Over the next two years Brisbane CBD office market is facing a potential withdrawal of about 170,000 square metres of space which is bound to ease the rising vacancy rate affected by the supply of new office projects in 2016.
The withdrawals include plans for residential and hotel conversion and development.
Jason Lynch, Director of Capital Markets and Investment Services at Colliers International said that these withdrawals will almost counterbalance the future supply comprising 174 Ann Street (180 Brisbane), 480 Queen Street and 1 William Street which are all estimated for completion in 2016.
“We don’t believe the vacancy rate will be increasing as much as previously thought.

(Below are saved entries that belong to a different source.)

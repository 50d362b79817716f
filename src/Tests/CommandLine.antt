-- ===== src/Tests/CommandLine.antt =====
-- The command line on a list of inputs, and on two files.
use par2rust.Base.{false}
use par2rust.Create.Fused.{Input}
use par2rust.Base.{ℕ, ◌≡◌, refl, arith, List, [], ◌∷◌, All, none}
use par2rust.Error.{gives, fails, io}
use par2rust.Cli.{CreateArgs}
use par2rust.Cli.Inputs.{System, is_whitespace, trim_end, read_lines}
use par2rust.Cli.Inputs.Lists.{
  Line, path_line, comment_line, blank_line, IsName, IsLine, list_text, paths_of,
  read_lines-list_text,
}
use par2rust.Cli.Run.{CliArgs}

abbrev spaced : List ℕ
spaced = b'a' ∷ b' ' ∷ b'#' ∷ []

spaced-IsName : IsName spaced
unfolding is_whitespace trim_end
spaced-IsName = record {
  first = b'a';
  others = b' ' ∷ b'#' ∷ [];
  whole = refl;
  text = (λ e. omega (arith, e), (λ e. omega (arith, e), (λ e. omega (arith, e), tt)));
  no_comment = λ e. omega (arith, e);
  starts = refl;
  ends = refl;
}

abbrev list : List Line
list =
    comment_line (b' ' ∷ []) (b'x' ∷ []) ∷ path_line (9 ∷ []) spaced (13 ∷ []) ∷ blank_line [] ∷ []

list-IsLine : All IsLine list
unfolding is_whitespace
list-IsLine = (
  (((refl, λ e. omega (arith, e)), tt), (λ e. omega (arith, e), tt)),
  (
    (((refl, λ e. omega (arith, e)), tt), spaced-IsName, ((refl, λ e. omega (arith, e)), tt)),
    (tt, tt),
  ),
)

read_lines-list_text_example : read_lines (list_text list) ≡ paths_of list
read_lines-list_text_example = read_lines-list_text list list-IsLine

abbrev system : System
system = record {
  is_dir = λ p. gives false;
  walk = λ p. [];
  read_text = λ p. fails io;
  stdin_text = fails io;
}

abbrev flags : CreateArgs
flags = record {
  slice_size = 8;
  single_volume = false;
  uniform_flag = false;
  limit_size = false;
  volume_count = none;
}

abbrev args : CliArgs
args = record {
  inputs = record {
    out = none;
    recurse = false;
    input_file = none;
    positionals = (b'o' ∷ []) ∷ (b'a' ∷ []) ∷ (b'/' ∷ b'b' ∷ []) ∷ [];
  };
  flags = flags;
  recovery_count = 3;
  redundancy = none;
  comments = [];
}

abbrev first : Input
first = record { path = b'a' ∷ []; display_name = b'a' ∷ [] }

abbrev second : Input
second = record { path = b'/' ∷ b'b' ∷ []; display_name = b'b' ∷ [] }

abbrev cli_inputs : List Input
cli_inputs = first ∷ second ∷ []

In 2016 Brisbane CBD will have 188,156 square metres delivered to the market, however it is important to note the quantum of stock withdrawals between now and 2017, when potential 170,000 square metres of office space is expected to be taken out of the market,” said Mr Lynch.

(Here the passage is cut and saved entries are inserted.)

-- ===== src/Tests/Field.antt =====
-- The field at concrete symbols.
use par2rust.Base.{ℕ, ◌^◌, ◌<◌, ◌≡◌, ◌↔◌, arith, bit_xor, some}
use par2rust.Galois.{gf_mul, gf_pow, gf_inv, gf16_tables, field_limit}
use par2rust.Galois.Polynomial.{poly_mul, gf_mul-eq-poly_mul}
use par2rust.Galois.Inverse.{gf_mul_field}
use par2rust.Galois.Repeated.{mul_times, gf_pow-eq-mul_times}
use par2rust.Galois.Tables.{antilog-log}

gf_mul-eq-poly_mul_example : gf_mul 0x1234 0x8001 ≡ poly_mul 16 0x1234 0x8001
gf_mul-eq-poly_mul_example = gf_mul-eq-poly_mul 0x1234 0x8001 (omega arith) (omega arith)

gf_mul_field_example :
    (gf_mul 0x1234 7 ≡ gf_mul 7 0x1234)
    × (gf_mul (gf_mul 0x1234 7) 0x8000 ≡ gf_mul 0x1234 (gf_mul 7 0x8000))
    × (gf_mul 0x1234 (bit_xor 7 0x8000) ≡ bit_xor (gf_mul 0x1234 7) (gf_mul 0x1234 0x8000))
    × (gf_mul 1 7 ≡ 7)
    × ((gf_mul 0x1234 7 ≡ 0) ↔ (◌≡◌ {A = ℕ} 7 0))
    × ((i : ℕ) × (gf_inv 0x1234 ≡ some i) × (i < 2 ^ 16) × (gf_mul 0x1234 i ≡ 1))
gf_mul_field_example =
    gf_mul_field 0x1234 7 0x8000 (omega arith) (omega arith) (omega arith) (omega arith)

gf_pow-eq-mul_times_example : gf_pow 0xbeef 65536 ≡ mul_times 0xbeef 65536
gf_pow-eq-mul_times_example = gf_pow-eq-mul_times 0xbeef 65536 (omega arith) (omega arith)

antilog-log_example :
    (gf16_tables.log 0x8000 < field_limit) × (gf16_tables.antilog (gf16_tables.log 0x8000) ≡ 0x8000)
antilog-log_example = antilog-log 0x8000 (omega arith) (omega arith)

“Due to the strength of the residential apartment market in Brisbane and high office vacancy, older or obsolete stock is being converted or redeveloped for residential or hotel use.
“We are seeing an influx of private Chinese and state owned developers looking to convert or redevelop the existing office assets for residential or hotel use.

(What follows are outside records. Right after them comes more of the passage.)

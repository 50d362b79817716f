-- ===== src/Tests/Kernels.antt =====
-- Kernels on buffers that fill every vector width, with a tail; and the order of the slices.
use par2rust.Base.{ℕ, zero, suc, ◌^◌, ◌<◌, ◌≡◌, refl, arith, List, [], ◌∷◌, replicate}
use par2rust.Buffer.{IsBytes}
use par2rust.Buffer.Symbols.{IsCall, AddsProduct}
use par2rust.GaloisSimd.Gfni.{from_coeff, gf_mul_xor_gfni_avx512}
use par2rust.GaloisSimd.Gfni.Kernels.{gf_mul_xor_gfni_avx512-AddsProduct}
use par2rust.GaloisSimd.Dispatch.{scalar, avx2, gfni_avx512, gf_mul_xor_dispatch}
use par2rust.GaloisSimd.Dispatch.Contract.{
  gf_mul_xor_dispatch-AddsProduct, gf_mul_xor_dispatch_agrees,
}
use par2rust.Base.{◌≢◌, ap}
use par2rust.Base.Bytes.{from_le_bytes}
use par2rust.Encode.{encode_all_recovery_blocks}
use par2rust.Encode.Kernels.{table_kernel}
use par2rust.Encode.Recovery.{IsBuffer}
use par2rust.Encode.Order.{encode_all_recovery_blocks-swapped}

filled-IsBytes : (b n : ℕ) → b < 2 ^ 8 → IsBytes (replicate n b)
filled-IsBytes b zero h = tt
filled-IsBytes b (suc n) h = (h, filled-IsBytes b n h)

-- A chunk of 128 bytes, one of 64, one of 32 and two symbols.
abbrev long_input : List ℕ
long_input = replicate 228 0x5a

abbrev long_output : List ℕ
long_output = replicate 228 0x0f

long-IsCall : IsCall 0x1021 long_input long_output
long-IsCall = record {
  symbol = omega arith;
  lengths = refl;
  even = refl;
  input_bytes = filled-IsBytes 0x5a 228 (omega arith);
  output_bytes = filled-IsBytes 0x0f 228 (omega arith);
}

gf_mul_xor_gfni_avx512-AddsProduct_example :
    AddsProduct 0x1021 long_input long_output
      (gf_mul_xor_gfni_avx512 (from_coeff 0x1021) long_input long_output)
gf_mul_xor_gfni_avx512-AddsProduct_example =
    gf_mul_xor_gfni_avx512-AddsProduct 0x1021 long_input long_output long-IsCall

gf_mul_xor_dispatch-AddsProduct_example :
    AddsProduct 0x1021 long_input long_output
      (gf_mul_xor_dispatch gfni_avx512 0x1021 long_input long_output)
gf_mul_xor_dispatch-AddsProduct_example =
    gf_mul_xor_dispatch-AddsProduct gfni_avx512 0x1021 long_input long_output long-IsCall

gf_mul_xor_dispatch_agrees_example :
    gf_mul_xor_dispatch avx2 0x1021 long_input long_output
    ≡ gf_mul_xor_dispatch scalar 0x1021 long_input long_output
gf_mul_xor_dispatch_agrees_example =
    gf_mul_xor_dispatch_agrees avx2 scalar 0x1021 long_input long_output long-IsCall

encode_all_recovery_blocks-swapped_example :
    encode_all_recovery_blocks table_kernel ((1 ∷ 2 ∷ []) ∷ (3 ∷ 2 ∷ []) ∷ []) 2 3
    ≢ encode_all_recovery_blocks table_kernel ((3 ∷ 2 ∷ []) ∷ (1 ∷ 2 ∷ []) ∷ []) 2 3
unfolding IsBuffer from_le_bytes
encode_all_recovery_blocks-swapped_example =
    encode_all_recovery_blocks-swapped table_kernel 2 3 (1 ∷ 2 ∷ []) (3 ∷ 2 ∷ [])
      ((omega arith, (omega arith, tt)), refl) ((omega arith, (omega arith, tt)), refl) refl
      (omega arith) (omega arith) (λ e. omega (arith, ap (λ (xs : List ℕ). from_le_bytes xs) e))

“The withdrawals that have recently been confirmed total about 70,124 square metres. The State Government has plans to demolish about 66,000 square metres of office space on George Street to make way for the development of the new Queens Wharf Precinct. These tenants who primarily are government departments are due to relocate to 1 William Street once complete in 2016.
“In addition to this, it has recently been released that Singaporean Aspial Corporation is finalising plans to buy the 240 Margaret Street site for residential development. The building has 3,566 square metres of NLA over 6 levels,” said Mr Lynch.
Tom Phipps, Director of Capital Markets and Investment Services at Colliers International said there is about 98,000 square metres of office space which could potentially be withdrawn from the market in the next two years.
“There are number of major office buildings with pending lease expiries that are targets for conversion or redevelopment. Some examples of this are TFE Hotels planning to convert 171 George Street into a hotel and the potential conversion or redevelopment of 363 Adelaide Street to residential.
Mr Phipps said there is another category of future office supply that is now withdrawn from the market. “This category which accounts for about 194,205 square metres includes all mooted office developments that have been changed to residential and hotel use or have been shelved.
“Developments such as 150 Elizabeth Street (Regent Tower) and 150 Roma Street (Q Centre 1) totalling 124,250 square metres will not proceed in this cycle. The DA for mixed use development 111 Mary Street and 222 Margaret Street included the 35,000 square metre A-Grade commercial tower, but has been redesigned to give the developers an option to change the use from office to hotel if they are unable to secure a pre-commitment.
“In addition to these, the site on the corner of Albert and Margaret Streets which was earmarked for the AM30 development, an 18,000 square metre office tower, is now proposed to be used for a residential apartment development."